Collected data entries
***
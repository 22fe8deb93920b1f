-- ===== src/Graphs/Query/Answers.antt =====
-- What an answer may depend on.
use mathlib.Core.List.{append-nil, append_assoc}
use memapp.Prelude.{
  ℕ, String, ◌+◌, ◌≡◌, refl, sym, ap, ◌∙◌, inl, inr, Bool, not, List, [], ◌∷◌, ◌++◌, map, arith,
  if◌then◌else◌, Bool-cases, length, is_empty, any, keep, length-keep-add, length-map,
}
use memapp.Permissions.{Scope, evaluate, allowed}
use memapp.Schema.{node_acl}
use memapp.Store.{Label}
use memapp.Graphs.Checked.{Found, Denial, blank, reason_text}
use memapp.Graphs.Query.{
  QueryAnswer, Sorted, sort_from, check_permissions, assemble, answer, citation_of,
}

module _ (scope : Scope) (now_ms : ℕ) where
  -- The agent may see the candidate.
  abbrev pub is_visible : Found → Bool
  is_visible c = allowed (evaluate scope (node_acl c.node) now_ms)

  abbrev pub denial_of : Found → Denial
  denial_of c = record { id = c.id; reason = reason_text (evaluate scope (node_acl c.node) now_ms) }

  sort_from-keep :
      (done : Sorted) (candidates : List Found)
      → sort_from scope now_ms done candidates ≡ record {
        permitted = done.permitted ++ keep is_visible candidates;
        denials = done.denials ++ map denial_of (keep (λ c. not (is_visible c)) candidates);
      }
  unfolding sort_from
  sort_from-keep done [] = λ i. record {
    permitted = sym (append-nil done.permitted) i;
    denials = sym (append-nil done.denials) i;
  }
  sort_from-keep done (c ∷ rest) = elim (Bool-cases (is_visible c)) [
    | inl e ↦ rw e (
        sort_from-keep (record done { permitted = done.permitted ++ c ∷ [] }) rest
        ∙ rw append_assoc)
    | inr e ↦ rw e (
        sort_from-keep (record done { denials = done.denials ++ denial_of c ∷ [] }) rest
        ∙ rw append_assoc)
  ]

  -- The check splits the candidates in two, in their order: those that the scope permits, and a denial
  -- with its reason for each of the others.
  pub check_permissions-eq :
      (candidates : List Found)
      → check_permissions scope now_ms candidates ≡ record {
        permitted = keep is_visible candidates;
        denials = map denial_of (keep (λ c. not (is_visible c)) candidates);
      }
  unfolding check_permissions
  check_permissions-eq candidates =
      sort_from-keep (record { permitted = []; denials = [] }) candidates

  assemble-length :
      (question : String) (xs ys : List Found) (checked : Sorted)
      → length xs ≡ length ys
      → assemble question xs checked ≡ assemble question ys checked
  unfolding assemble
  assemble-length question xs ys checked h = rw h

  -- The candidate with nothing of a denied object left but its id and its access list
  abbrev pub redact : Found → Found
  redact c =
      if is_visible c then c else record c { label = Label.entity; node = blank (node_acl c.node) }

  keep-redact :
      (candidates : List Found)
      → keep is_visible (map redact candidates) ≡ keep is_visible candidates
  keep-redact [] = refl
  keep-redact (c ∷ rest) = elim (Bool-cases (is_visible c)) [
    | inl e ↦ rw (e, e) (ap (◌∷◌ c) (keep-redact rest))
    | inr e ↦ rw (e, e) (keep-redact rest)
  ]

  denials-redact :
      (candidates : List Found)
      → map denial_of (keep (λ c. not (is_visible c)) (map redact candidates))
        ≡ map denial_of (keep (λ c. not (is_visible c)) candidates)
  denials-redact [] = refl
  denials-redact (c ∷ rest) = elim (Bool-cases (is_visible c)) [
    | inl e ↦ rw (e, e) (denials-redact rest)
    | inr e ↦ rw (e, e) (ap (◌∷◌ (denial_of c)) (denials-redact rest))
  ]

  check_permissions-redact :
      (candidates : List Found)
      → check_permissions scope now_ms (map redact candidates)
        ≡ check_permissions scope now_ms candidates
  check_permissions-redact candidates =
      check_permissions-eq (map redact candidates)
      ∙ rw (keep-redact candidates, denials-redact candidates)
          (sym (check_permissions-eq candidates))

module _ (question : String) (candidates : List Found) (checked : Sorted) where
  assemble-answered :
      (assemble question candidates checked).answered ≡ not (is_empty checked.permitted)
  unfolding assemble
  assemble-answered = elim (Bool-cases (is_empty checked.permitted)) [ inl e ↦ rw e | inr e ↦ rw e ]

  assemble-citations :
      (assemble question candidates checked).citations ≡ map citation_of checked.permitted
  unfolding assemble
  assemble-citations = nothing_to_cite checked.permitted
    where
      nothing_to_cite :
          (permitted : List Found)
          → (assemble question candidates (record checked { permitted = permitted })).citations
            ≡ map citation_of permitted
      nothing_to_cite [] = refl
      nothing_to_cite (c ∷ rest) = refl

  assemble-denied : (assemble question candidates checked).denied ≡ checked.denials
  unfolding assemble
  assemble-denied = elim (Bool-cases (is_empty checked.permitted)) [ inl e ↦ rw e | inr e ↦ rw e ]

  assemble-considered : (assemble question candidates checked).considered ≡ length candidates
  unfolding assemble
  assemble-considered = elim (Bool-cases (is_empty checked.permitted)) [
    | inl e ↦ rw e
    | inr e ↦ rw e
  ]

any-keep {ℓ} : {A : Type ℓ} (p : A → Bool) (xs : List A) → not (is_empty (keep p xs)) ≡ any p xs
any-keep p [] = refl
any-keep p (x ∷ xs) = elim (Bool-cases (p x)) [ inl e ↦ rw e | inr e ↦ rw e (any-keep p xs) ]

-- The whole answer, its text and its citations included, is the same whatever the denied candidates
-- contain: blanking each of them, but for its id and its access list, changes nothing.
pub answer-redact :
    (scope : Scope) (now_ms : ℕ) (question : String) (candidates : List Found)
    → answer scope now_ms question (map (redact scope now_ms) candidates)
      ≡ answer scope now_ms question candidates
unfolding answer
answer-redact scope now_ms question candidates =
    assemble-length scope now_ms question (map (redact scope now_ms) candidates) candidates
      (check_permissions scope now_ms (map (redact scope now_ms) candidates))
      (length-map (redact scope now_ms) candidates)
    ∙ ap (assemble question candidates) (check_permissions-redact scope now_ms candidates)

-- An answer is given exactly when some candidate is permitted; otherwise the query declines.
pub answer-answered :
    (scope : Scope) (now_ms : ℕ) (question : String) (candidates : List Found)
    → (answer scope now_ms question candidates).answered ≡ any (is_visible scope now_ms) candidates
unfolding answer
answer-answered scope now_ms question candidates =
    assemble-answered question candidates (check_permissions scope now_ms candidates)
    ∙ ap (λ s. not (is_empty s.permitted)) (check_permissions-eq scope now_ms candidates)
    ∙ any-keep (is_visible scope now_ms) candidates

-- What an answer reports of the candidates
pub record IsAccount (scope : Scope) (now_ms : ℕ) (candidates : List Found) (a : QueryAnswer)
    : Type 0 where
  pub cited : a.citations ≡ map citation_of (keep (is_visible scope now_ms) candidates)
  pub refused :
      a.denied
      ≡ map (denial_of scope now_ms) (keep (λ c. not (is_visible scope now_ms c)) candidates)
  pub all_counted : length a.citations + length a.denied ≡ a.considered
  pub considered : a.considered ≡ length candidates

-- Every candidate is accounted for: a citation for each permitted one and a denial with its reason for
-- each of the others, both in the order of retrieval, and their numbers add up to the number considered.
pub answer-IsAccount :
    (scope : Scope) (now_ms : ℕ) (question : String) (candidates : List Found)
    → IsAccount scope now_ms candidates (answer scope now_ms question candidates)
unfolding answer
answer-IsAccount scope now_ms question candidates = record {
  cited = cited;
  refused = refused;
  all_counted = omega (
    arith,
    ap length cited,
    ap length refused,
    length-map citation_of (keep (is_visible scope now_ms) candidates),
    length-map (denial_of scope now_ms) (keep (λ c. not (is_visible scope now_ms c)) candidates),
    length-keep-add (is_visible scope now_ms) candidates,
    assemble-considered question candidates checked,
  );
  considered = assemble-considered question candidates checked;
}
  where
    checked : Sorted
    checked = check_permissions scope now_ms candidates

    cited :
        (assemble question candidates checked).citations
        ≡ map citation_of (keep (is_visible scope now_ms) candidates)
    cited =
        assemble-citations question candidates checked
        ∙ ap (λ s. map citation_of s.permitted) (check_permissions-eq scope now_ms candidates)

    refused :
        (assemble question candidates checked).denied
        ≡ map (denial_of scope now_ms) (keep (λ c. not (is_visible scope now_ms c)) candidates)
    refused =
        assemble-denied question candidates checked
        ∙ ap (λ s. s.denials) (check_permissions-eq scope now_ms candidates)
***
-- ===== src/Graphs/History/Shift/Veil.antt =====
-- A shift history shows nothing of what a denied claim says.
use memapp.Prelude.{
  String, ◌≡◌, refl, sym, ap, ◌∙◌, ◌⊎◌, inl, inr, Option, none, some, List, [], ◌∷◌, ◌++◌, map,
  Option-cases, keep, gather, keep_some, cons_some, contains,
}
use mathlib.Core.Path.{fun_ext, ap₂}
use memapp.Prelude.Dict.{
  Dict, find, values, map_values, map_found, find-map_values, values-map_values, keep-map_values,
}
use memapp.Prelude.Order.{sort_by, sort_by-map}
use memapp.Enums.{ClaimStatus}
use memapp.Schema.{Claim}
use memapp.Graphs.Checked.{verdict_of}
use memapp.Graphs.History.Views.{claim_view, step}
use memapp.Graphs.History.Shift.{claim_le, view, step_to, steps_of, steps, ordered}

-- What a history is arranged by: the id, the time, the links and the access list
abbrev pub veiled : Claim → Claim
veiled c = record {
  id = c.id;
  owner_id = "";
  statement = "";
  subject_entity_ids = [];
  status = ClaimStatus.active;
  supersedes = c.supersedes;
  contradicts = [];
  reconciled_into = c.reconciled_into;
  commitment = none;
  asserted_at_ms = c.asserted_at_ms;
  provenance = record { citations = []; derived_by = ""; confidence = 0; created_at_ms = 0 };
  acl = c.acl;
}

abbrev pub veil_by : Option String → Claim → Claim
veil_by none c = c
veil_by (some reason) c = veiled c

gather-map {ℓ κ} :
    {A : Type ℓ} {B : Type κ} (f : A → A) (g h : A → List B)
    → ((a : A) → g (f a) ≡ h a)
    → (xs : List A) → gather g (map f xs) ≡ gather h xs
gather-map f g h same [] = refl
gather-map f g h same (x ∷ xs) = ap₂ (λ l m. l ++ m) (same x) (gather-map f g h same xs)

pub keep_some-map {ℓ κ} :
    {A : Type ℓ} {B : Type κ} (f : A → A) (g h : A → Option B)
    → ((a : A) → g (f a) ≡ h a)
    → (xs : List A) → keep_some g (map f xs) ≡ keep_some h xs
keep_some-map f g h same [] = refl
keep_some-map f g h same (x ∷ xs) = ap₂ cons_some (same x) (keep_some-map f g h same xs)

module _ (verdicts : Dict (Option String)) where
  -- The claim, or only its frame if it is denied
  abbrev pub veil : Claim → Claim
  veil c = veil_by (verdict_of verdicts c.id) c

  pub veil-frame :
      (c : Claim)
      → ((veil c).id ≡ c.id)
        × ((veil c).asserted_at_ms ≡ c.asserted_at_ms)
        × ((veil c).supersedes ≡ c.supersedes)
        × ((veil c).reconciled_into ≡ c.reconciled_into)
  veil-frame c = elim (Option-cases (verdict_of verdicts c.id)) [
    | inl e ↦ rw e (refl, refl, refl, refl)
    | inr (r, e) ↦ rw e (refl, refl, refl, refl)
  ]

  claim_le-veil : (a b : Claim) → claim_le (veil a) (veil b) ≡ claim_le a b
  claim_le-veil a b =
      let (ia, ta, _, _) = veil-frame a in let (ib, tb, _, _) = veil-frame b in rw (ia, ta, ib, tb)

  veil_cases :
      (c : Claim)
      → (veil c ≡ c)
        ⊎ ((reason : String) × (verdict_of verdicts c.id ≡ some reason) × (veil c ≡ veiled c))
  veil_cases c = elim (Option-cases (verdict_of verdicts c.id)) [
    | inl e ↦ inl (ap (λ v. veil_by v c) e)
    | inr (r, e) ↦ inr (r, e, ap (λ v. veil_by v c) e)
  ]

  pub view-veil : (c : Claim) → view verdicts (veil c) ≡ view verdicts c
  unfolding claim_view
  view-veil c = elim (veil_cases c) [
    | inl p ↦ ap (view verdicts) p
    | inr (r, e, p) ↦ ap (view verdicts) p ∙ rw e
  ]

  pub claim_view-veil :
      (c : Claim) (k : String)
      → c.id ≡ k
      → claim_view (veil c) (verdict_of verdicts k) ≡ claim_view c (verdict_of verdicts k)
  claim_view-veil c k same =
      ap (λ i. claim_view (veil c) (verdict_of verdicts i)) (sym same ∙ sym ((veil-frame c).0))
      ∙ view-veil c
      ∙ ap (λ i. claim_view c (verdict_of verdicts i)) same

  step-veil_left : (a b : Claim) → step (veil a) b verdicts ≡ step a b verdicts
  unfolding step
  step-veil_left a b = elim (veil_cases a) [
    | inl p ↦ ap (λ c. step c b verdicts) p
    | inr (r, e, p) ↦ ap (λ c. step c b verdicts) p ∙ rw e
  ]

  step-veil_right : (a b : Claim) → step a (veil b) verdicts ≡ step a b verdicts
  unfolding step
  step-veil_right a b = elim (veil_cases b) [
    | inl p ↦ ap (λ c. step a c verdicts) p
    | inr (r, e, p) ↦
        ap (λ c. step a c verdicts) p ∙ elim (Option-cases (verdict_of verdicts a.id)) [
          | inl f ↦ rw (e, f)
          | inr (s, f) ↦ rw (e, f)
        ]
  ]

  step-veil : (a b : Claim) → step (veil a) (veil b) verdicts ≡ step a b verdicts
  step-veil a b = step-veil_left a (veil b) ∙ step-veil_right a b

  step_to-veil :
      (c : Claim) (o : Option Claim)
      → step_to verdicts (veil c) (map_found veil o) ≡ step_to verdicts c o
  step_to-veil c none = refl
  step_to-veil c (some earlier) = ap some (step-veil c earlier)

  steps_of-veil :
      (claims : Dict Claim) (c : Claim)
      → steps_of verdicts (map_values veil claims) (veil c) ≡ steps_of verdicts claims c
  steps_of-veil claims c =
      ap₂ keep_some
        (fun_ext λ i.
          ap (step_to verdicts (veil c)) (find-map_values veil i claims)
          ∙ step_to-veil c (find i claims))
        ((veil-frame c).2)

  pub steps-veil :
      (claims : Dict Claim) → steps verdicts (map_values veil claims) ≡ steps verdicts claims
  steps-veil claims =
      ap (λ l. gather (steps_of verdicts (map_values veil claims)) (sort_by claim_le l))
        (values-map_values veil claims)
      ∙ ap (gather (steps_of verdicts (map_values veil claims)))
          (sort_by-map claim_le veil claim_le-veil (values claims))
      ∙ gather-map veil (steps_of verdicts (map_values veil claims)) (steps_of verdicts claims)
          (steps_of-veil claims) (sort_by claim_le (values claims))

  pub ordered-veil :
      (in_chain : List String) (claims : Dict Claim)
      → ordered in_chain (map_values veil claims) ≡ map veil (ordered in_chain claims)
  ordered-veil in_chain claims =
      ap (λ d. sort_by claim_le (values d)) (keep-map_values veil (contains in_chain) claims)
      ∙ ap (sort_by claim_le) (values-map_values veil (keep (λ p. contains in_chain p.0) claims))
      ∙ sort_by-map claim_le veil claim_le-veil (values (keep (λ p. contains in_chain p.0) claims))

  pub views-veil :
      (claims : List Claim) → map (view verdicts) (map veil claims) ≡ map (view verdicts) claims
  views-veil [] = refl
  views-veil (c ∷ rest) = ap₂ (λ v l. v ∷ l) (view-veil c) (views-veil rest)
***
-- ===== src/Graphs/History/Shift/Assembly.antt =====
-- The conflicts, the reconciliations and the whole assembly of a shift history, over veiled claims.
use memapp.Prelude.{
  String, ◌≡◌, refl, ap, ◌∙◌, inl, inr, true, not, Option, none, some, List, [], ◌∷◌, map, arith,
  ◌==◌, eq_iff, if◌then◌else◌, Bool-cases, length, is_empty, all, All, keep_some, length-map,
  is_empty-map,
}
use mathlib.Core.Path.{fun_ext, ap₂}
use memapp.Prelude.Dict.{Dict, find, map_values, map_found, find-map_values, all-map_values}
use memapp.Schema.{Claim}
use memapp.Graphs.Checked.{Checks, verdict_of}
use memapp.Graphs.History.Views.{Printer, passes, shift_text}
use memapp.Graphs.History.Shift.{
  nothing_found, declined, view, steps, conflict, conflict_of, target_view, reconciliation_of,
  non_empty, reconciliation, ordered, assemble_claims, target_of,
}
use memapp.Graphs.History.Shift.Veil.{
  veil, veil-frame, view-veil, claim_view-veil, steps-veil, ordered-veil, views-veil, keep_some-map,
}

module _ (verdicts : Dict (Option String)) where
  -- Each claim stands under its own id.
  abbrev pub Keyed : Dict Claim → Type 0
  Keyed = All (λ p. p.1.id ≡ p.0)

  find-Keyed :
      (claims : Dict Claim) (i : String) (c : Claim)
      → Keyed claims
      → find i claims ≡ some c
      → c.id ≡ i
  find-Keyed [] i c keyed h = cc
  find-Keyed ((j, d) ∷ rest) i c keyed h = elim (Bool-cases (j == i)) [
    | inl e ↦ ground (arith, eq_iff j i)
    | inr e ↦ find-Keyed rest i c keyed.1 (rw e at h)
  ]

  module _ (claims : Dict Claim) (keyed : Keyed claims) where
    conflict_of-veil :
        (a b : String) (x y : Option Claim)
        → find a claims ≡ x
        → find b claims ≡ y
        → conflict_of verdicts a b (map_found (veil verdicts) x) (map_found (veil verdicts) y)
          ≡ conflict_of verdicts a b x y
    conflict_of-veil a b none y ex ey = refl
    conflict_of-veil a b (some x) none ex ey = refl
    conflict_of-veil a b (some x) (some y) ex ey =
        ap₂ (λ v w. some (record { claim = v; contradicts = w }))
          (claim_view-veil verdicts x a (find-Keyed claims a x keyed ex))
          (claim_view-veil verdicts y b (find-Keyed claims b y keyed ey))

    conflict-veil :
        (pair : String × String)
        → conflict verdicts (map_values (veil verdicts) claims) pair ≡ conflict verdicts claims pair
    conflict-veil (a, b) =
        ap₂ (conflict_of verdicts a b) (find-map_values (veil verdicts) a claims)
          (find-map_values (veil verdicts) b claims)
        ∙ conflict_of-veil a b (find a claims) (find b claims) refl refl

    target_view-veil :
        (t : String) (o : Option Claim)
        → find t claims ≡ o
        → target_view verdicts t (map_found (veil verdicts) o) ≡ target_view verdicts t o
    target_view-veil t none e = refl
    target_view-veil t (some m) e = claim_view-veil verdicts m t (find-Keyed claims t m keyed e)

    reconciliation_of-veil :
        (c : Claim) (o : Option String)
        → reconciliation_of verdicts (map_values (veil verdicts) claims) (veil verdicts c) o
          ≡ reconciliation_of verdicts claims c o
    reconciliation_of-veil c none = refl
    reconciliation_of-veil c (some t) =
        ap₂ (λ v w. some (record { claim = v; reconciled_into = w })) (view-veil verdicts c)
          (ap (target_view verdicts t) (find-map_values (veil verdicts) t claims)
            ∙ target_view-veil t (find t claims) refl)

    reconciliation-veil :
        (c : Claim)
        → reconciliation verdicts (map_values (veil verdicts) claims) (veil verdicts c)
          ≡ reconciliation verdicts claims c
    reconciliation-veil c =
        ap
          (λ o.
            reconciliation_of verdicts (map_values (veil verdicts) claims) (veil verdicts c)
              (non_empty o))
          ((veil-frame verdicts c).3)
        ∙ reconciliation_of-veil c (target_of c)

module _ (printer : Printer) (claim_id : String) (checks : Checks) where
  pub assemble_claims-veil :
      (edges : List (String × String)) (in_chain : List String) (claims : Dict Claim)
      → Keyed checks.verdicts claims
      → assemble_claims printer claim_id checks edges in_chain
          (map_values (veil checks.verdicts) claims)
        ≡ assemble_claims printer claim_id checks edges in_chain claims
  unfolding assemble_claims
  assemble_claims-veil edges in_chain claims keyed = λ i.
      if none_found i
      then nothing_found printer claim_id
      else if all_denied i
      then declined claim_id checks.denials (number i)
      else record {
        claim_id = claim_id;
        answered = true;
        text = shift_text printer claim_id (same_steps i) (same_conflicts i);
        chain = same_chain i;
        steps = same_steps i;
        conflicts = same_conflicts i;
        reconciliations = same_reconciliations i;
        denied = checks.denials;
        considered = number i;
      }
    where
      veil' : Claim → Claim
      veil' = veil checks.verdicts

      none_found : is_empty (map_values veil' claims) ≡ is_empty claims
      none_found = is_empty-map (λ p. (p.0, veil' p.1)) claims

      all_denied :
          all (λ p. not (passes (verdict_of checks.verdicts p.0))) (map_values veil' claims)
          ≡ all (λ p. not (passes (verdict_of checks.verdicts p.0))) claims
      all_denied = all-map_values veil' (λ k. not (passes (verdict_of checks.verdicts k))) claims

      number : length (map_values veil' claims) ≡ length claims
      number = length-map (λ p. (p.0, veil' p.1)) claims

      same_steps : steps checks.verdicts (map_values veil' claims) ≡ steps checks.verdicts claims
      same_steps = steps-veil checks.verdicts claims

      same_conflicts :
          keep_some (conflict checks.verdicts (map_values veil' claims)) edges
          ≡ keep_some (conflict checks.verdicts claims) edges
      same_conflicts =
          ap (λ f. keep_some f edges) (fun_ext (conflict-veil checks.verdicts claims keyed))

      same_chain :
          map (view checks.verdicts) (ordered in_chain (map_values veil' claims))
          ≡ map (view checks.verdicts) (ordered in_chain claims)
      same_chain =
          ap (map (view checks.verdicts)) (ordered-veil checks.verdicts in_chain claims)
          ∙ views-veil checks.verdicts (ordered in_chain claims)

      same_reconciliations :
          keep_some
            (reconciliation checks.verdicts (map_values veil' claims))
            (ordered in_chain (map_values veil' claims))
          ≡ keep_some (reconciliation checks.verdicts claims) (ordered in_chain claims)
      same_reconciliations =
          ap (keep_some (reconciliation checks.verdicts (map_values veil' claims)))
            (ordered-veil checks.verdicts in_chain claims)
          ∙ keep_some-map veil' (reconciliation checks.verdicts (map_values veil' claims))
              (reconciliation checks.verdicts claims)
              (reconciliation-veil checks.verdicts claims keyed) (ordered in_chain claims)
***
[Your objective]: Of the lines above, extract only those from the line with "target_view-veil t none e = refl" to the line with "(view-veil verdicts c)", both included, exactly as written.

[Finished exercise]:
    target_view-veil t none e = refl
    target_view-veil t (some m) e = claim_view-veil verdicts m t (find-Keyed claims t m keyed e)

    reconciliation_of-veil :
        (c : Claim) (o : Option String)
        → reconciliation_of verdicts (map_values (veil verdicts) claims) (veil verdicts c) o
          ≡ reconciliation_of verdicts claims c o
    reconciliation_of-veil c none = refl
    reconciliation_of-veil c (some t) =
        ap₂ (λ v w. some (record { claim = v; reconciled_into = w })) (view-veil verdicts c)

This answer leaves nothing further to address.